Without this, your resilience layer may hide why calls are failing.

Iterate after the first draft

After the first output, refine with concrete feedback such as:

  • “Do not retry POST requests.”
  • “Cap total time, not just attempts.”
  • “Handle 429 differently from 500.”
  • “Use jitter to avoid synchronized retries.”
  • “Separate timeout config from retry config.”

This kind of iteration materially improves the implementation.

Test the failure paths the skill proposes

Ask the model to generate tests for:

  • transient exception retries
  • permanent exception fast-fail behavior
  • retry exhaustion
  • timeout enforcement
  • backoff policy boundaries

Resilience code that is not tested is easy to misconfigure and hard to trust.

Improve the skill output with real traces

If you have logs or sample stack traces, include them. Real failure evidence helps python-resilience recommend narrower exception filters and more believable timeout/backoff settings than abstract prompts do.
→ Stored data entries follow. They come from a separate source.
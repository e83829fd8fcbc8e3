-- ===== src/Input/Bindings/Rebuild.antt =====
-- A rebuild of the caches of internal/input_poller.cpp keeps the entries, with memory for it or without.
use detour_mod_kit.Base.{ℕ, ◌≡◌, refl, Bool, true, false, List}
use detour_mod_kit.Input.{Entry}
use detour_mod_kit.Input.Bindings.{Poller, recompute}

pub recompute-entries :
    (memory : Bool) (drawn : ℕ) (es : List Entry) (p : Poller)
    → (recompute memory drawn es p).entries ≡ es
unfolding recompute
recompute-entries true drawn es p = refl
recompute-entries false drawn es p = refl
Keep the abstraction level modest

A common failure mode is asking the skill to design a full resilience framework when you only need a reliable client wrapper. Start smaller:

  • one function
  • one dependency
  • one retry policy

Then expand after the pattern proves useful.

Use python-resilience as a review lens

Even if you already wrote the code, python-resilience is useful as a reviewer prompt. Ask it to inspect existing retry logic for:

  • unbounded retries
  • missing jitter
  • bad timeout placement
  • retrying permanent failures
  • hidden side-effect risks

That review-oriented use case is often the highest-value way to apply the skill in mature codebases.